The Chinese government and Communist Party argue that the “global discourse” about China is too negative. Holstein asked Chinoy whether the American media is projecting values it should not be projecting or “are we just doing our jobs?”

“American and Western journalism at its finest has certain values,” Chinoy said. “They come with the craft of journalism – to hold the powerful accountable, to be a voice for the voiceless, to shed a light in dark places that powerful interests may not want exposed. That’s part of democracy – giving people information so that they can make up their own minds and behave accordingly. That’s where we come from. You go to China and you’re going to do the same thing. Anybody who has done this work will realize the notion of a campaign [against the Communist Party] is nonsense,” Chinoy said. “The notion that there is some master plan is just nonsense.”

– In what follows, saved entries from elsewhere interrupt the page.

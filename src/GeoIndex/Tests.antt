-- ===== src/GeoIndex/Tests.antt =====
-- The theorems on the index at a driver who moves and one who leaves (core/src/geo/geohash-index.ts).
use ride_location_tracking_e.Common.{
  ℕ, ◌+◌, ◌*◌, ◌≡◌, none, some, List, [], ◌∷◌, arith, take, ◌==◌, Bool-cases, inl, inr, subst,
}
use ride_location_tracking_e.Common.Int.{ℤ, pos, pos_part, neg_part, ◌+ℤ◌, ◌-ℤ◌}
use ride_location_tracking_e.Common.Map
use ride_location_tracking_e.Domain.{LatLng}
use ride_location_tracking_e.Geohash.{
  bit_split, cell_of, cell_hash, clamp_lat, normalize_lng, js_rem,
}
use ride_location_tracking_e.GeoIndex.{GeohashIndex}
use ride_location_tracking_e.GeoIndex.Buckets.{
  Call, upserted, removed, perform_all, no_entries, IsIndexed, perform_all-IsIndexed,
}
use ride_location_tracking_e.GeoIndex.Search.{
  GeoIndexEntry, cell_size_meters, radius_search, nearest_neighbors,
}
use ride_location_tracking_e.GeoIndex.Candidates.{hash_at_bits}
use ride_location_tracking_e.GeoIndex.Spread.{IsFarApart, IsSpread}
use ride_location_tracking_e.GeoIndex.Radius.{IsExhaustive, radius_search-IsExhaustive}
use ride_location_tracking_e.GeoIndex.Nearest.{IsNearest, last_radius, nearest_neighbors-IsNearest}

abbrev at : ℕ → LatLng
at n = record { lat = pos n; lng = pos 8 }

abbrev hash_at_26 : LatLng → ℕ
hash_at_26 p = cell_hash (cell_of 1 p 26) 26

abbrev moves : List Call
moves = upserted 5 (at 40) ∷ upserted 6 (at 41) ∷ upserted 5 (at 70) ∷ removed 6 ∷ []

perform_all-IsIndexed_example : IsIndexed hash_at_26 (perform_all hash_at_26 no_entries moves)
perform_all-IsIndexed_example = perform_all-IsIndexed hash_at_26 moves

-- At 10 bits, 32 rows of 5.625 and 32 columns of 11.25 degrees, and three drivers near the equator.
abbrev three : List Call
three =
    upserted 5 (record { lat = pos 2; lng = pos 8 })
    ∷ upserted 6 (record { lat = pos 20; lng = pos 9 })
    ∷ upserted 7 (record { lat = pos 2; lng = pos 0 -ℤ pos 20 })
    ∷ []

abbrev index : GeohashIndex
index = perform_all (hash_at_bits 1 10) no_entries three

abbrev degree : ℕ
degree = 111320 * 1000000 * 32

abbrev apart : ℤ → ℤ → ℕ
apart a b = pos_part (a -ℤ b) + neg_part (a -ℤ b)

-- Along the axes.
abbrev along_axes : LatLng → LatLng → ℕ
along_axes p q = (apart p.lat q.lat + apart p.lng q.lng) * degree

abbrev cos : LatLng → ℕ
cos p = 1

abbrev center : LatLng
center = record { lat = pos 2; lng = pos 7 }

at_east : IsFarApart 1 10 1 cos along_axes center (record { lat = pos 2; lng = pos 8 })
unfolding cell_of bit_split clamp_lat normalize_lng js_rem ◌+ℤ◌ ◌-ℤ◌ cell_size_meters
at_east = record { rows = omega arith; cols = omega arith }

at_north : IsFarApart 1 10 1 cos along_axes center (record { lat = pos 20; lng = pos 9 })
unfolding cell_of bit_split clamp_lat normalize_lng js_rem ◌+ℤ◌ ◌-ℤ◌ cell_size_meters
at_north = record { rows = omega arith; cols = omega arith }

at_west : IsFarApart 1 10 1 cos along_axes center (record { lat = pos 2; lng = pos 0 -ℤ pos 20 })
unfolding cell_of bit_split clamp_lat normalize_lng js_rem ◌+ℤ◌ ◌-ℤ◌ cell_size_meters
at_west = record { rows = omega arith; cols = omega arith }

three-IsSpread : (reach : ℕ) → IsSpread 1 10 1 cos along_axes index center reach
unfolding perform_all ride_location_tracking_e.GeoIndex.Buckets.perform
    ride_location_tracking_e.GeoIndex.upsert Map.get Map.set
three-IsSpread reach id p e near = elim (Bool-cases (5 == id)) [
  | inl g ↦ subst (IsFarApart 1 10 1 cos along_axes center) (ground (arith, e, g)) at_east
  | inr g ↦ elim (Bool-cases (6 == id)) [
    | inl h ↦ subst (IsFarApart 1 10 1 cos along_axes center) (ground (arith, e, g, h)) at_north
    | inr h ↦ elim (Bool-cases (7 == id)) [
      | inl k ↦ subst (IsFarApart 1 10 1 cos along_axes center) (ground (arith, e, g, h, k)) at_west
      | inr k ↦ absurd (ground (arith, e, g, h, k))
    ]
  ]
]

-- Within 22 degrees are drivers 5 and 6.
radius_search-IsExhaustive_example :
    IsExhaustive 1 10 1 cos along_axes index center
      (22 * degree)
      (radius_search 1 10 1 cos along_axes index center (22 * degree) none)
    × ((limit : ℕ)
        → radius_search 1 10 1 cos along_axes index center (22 * degree) (some limit)
          ≡ take (radius_search 1 10 1 cos along_axes index center (22 * degree) none) limit)
radius_search-IsExhaustive_example =
    radius_search-IsExhaustive 1 10 1 cos along_axes index center (22 * degree)
      (perform_all-IsIndexed (hash_at_bits 1 10) three) (three-IsSpread (22 * degree)) (omega arith)

nearest_neighbors-IsNearest_example :
    (found : List GeoIndexEntry) × (nearest_neighbors 1 10 1 cos along_axes index center 2
        (30 * degree)
      ≡ some found)
    × IsNearest 1 10 1 cos along_axes index center 2 (30 * degree) found
nearest_neighbors-IsNearest_example =
    nearest_neighbors-IsNearest 1 10 1 cos along_axes index center 2 (30 * degree)
      (perform_all-IsIndexed (hash_at_bits 1 10) three)
      (three-IsSpread (last_radius 1 10 1 cos along_axes index center 2 (30 * degree)))
      (omega arith)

Assuming the U.S.-Chinese relations continue to deteriorate, Chinoy predicted the Chinese government will seek to make it more difficult for news organizations to cover the country. “They haven’t expelled everybody,” Chinoy noted. “In the past year, they have let in a few [journalists]. The New York Times has two people now whereas for a while it had only one. None of the people who were expelled have been allowed back in or allowed to go to Hong Kong. But they have allowed a few new people in. It’s kind of a paradox.”

“On the one hand, the Chinese leadership wants to see the international order reflect China’s legitimate standing as this great power,” Chinoy said. “On the other hand, they also crave respect and legitimacy. If you’re a serious superpower, you need to have the New York Times there. Otherwise, you’re not a serious superpower. But they want to control it. It doesn’t cost them very much to have one or two [correspondents] there because of the problems the government creates on the ground. The difficulties of getting around are such that they can live with it. It’s no longer possible to do the things that were possible before. The treatment of the press is also a barometer of the relationship. If the relationship goes down, it’s going to get harder for the press. No question.”

The limitations on movements of Western journalists have a negative effect on overall coverage of China, he said. “We don’t really have a sense of the dynamics of the society,” Chinoy said. “Because there isn’t that kind of [on-the-ground] reporting, what does get in the news is Wolf Warrior diplomacy, TikTok hearings and war over Taiwan. It turns the depiction of China into this one-dimensional bad guy.”